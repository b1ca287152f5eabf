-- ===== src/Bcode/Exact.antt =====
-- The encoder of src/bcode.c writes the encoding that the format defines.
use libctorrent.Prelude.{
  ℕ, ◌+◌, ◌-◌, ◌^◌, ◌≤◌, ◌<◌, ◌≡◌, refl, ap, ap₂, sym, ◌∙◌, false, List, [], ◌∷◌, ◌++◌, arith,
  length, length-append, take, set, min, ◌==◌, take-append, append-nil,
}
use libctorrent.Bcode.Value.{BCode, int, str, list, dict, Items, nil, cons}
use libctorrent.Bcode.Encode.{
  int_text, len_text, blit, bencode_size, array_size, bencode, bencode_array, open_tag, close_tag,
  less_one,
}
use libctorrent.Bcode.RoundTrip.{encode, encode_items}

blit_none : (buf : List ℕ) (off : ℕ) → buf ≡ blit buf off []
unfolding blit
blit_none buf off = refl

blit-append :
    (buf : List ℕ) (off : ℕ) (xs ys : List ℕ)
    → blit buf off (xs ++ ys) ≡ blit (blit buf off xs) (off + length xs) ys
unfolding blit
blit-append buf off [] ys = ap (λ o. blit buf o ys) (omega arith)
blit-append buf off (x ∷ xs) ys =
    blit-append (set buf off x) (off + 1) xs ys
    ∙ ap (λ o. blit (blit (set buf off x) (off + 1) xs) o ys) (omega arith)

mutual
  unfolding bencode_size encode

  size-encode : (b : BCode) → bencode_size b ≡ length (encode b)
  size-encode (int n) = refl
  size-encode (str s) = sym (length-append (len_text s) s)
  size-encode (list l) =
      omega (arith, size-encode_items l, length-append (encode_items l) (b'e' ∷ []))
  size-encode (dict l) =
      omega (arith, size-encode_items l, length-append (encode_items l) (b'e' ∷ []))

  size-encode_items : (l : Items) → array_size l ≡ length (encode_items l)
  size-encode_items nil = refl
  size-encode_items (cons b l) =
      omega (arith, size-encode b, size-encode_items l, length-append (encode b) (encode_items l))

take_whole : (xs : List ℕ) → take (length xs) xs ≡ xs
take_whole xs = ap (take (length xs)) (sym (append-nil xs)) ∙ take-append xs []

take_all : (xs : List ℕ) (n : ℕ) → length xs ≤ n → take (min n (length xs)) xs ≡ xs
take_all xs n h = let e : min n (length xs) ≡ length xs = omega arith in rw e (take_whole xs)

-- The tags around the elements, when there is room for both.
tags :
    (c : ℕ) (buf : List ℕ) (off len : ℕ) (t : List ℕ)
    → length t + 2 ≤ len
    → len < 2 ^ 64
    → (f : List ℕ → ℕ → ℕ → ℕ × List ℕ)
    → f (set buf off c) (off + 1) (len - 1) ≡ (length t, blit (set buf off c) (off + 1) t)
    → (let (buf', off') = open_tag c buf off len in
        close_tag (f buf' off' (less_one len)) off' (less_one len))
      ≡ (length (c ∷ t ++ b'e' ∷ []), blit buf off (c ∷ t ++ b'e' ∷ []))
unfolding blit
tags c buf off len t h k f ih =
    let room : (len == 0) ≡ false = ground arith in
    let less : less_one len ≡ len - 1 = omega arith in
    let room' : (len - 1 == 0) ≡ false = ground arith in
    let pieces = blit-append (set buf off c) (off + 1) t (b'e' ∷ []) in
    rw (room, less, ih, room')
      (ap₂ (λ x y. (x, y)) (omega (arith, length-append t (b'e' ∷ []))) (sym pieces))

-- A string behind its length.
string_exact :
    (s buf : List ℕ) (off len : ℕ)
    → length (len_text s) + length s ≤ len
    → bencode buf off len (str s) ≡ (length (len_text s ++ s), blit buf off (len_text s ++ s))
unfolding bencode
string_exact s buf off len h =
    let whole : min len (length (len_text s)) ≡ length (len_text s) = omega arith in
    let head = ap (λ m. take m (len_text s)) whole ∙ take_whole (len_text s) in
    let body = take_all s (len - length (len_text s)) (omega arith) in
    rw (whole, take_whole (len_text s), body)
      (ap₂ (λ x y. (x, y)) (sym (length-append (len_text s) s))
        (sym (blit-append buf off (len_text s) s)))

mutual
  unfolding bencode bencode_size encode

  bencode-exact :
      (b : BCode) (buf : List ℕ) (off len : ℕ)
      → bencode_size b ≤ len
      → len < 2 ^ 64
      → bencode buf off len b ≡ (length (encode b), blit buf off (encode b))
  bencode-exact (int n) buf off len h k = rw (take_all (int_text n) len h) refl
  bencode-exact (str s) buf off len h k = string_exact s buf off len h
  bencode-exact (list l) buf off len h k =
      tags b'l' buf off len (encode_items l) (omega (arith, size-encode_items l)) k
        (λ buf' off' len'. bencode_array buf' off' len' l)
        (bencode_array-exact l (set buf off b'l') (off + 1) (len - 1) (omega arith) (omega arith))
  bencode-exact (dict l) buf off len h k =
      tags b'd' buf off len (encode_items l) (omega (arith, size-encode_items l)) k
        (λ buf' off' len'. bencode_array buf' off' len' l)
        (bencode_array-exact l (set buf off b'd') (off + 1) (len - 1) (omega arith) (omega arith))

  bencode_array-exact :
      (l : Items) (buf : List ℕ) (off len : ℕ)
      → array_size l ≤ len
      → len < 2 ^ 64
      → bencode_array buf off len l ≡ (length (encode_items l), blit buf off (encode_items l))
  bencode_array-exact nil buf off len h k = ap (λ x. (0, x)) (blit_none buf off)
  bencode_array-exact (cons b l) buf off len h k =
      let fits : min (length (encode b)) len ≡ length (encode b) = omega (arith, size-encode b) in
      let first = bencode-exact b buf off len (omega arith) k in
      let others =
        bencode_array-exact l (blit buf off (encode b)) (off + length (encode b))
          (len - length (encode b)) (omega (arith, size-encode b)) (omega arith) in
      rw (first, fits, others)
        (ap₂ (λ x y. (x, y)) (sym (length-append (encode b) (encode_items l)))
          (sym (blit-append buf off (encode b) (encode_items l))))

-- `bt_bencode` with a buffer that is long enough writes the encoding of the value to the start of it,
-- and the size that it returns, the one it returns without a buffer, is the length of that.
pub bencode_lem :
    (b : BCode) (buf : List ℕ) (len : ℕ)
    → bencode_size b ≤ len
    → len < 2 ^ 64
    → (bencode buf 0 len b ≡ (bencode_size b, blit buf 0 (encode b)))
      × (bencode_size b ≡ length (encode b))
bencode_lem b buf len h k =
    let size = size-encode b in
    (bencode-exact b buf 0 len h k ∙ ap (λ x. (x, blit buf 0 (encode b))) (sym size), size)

◇ ◇ ◇ ◇

## Task
Your reply should be only the count of lines in the entries above that contain the word "body".

## Response box
2